-- Provided material follows --

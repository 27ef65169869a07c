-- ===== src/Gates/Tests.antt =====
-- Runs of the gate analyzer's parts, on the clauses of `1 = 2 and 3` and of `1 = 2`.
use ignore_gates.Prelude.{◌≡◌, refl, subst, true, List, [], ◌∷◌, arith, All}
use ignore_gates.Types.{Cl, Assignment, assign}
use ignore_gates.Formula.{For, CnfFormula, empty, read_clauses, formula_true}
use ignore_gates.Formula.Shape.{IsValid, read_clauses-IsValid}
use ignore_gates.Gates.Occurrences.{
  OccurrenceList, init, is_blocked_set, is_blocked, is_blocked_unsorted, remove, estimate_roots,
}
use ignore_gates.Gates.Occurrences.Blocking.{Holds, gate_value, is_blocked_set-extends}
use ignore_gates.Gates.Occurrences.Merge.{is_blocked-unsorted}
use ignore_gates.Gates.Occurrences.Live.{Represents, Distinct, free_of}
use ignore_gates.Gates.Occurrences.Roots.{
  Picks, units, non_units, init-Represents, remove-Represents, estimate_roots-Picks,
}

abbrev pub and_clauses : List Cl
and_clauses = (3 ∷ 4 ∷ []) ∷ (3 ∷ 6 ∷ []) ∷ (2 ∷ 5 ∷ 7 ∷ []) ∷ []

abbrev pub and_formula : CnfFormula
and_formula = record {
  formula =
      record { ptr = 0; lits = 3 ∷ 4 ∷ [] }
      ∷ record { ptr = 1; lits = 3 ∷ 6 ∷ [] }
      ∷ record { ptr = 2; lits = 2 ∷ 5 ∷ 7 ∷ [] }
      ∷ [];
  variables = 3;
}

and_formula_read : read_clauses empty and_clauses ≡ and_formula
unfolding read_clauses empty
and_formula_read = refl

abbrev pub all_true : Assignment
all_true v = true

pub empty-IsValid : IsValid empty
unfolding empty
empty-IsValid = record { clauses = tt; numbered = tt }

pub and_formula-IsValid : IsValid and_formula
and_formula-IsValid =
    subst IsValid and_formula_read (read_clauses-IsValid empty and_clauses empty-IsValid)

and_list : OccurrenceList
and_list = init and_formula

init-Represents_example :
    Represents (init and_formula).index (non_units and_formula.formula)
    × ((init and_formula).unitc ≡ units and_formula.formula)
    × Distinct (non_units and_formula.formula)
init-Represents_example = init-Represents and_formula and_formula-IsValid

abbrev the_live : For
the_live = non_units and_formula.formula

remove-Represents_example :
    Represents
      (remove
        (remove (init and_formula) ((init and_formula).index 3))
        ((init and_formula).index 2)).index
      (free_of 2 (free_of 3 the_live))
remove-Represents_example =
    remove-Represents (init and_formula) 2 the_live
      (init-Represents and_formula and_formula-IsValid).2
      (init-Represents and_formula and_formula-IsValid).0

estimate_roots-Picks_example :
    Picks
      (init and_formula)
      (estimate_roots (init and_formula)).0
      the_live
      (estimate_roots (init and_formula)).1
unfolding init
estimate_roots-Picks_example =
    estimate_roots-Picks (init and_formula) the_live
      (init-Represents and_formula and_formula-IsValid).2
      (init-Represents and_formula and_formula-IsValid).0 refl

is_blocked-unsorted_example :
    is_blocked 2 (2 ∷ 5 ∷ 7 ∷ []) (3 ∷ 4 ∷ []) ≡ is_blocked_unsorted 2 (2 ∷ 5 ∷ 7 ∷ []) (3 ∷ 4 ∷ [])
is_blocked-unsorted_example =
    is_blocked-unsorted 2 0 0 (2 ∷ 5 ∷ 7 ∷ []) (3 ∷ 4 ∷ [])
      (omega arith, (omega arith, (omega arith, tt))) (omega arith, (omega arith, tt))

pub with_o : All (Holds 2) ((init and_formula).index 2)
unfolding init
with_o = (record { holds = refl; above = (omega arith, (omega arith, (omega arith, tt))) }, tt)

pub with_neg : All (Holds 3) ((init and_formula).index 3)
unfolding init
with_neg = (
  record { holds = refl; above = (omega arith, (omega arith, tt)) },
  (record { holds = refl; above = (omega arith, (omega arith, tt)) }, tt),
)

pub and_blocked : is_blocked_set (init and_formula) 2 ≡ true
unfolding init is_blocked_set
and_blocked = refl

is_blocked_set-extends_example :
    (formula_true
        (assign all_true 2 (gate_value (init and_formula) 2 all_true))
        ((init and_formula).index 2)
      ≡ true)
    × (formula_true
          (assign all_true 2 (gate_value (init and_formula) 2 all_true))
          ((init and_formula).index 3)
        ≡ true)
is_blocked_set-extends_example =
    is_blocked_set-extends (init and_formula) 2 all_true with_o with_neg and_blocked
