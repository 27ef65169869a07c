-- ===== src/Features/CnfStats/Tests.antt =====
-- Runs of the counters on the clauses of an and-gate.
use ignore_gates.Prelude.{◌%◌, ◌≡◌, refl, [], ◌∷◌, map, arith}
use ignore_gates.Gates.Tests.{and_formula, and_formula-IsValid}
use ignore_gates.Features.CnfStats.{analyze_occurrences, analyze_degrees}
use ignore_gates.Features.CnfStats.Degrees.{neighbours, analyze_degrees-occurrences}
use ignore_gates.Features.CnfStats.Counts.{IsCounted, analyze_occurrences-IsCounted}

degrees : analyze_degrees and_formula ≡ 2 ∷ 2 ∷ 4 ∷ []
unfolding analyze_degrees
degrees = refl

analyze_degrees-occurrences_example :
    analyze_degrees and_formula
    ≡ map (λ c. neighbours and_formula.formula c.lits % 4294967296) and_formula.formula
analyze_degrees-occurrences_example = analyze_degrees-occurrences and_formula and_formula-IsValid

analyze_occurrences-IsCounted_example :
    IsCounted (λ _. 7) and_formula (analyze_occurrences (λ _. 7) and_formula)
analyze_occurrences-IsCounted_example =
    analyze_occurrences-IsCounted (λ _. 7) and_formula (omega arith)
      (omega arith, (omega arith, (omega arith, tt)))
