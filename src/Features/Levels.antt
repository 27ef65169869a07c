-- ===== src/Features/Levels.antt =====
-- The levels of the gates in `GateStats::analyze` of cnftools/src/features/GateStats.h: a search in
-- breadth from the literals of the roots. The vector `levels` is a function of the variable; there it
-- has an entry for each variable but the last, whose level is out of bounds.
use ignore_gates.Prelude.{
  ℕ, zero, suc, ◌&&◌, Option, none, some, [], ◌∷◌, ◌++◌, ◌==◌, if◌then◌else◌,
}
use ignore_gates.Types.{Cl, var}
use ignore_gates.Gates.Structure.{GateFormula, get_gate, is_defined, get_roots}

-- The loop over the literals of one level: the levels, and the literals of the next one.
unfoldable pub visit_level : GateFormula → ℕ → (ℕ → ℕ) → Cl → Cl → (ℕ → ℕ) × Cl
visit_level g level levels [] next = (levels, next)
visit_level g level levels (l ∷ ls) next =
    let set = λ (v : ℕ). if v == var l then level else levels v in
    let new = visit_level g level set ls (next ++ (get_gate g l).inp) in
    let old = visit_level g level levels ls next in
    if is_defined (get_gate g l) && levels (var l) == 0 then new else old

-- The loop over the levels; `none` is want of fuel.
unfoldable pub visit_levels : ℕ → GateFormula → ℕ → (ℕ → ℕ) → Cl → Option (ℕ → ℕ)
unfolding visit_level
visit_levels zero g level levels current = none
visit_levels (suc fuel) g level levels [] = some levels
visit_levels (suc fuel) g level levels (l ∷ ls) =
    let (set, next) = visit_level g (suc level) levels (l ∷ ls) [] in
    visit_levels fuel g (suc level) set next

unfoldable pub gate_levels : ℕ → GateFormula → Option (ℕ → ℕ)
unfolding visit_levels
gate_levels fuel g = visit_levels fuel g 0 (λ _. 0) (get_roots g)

-- Provided material concluded --

* **Instructions for the task**
Tally the lines above that include the word "lits"; answer with the total only.

* **Answer space**
4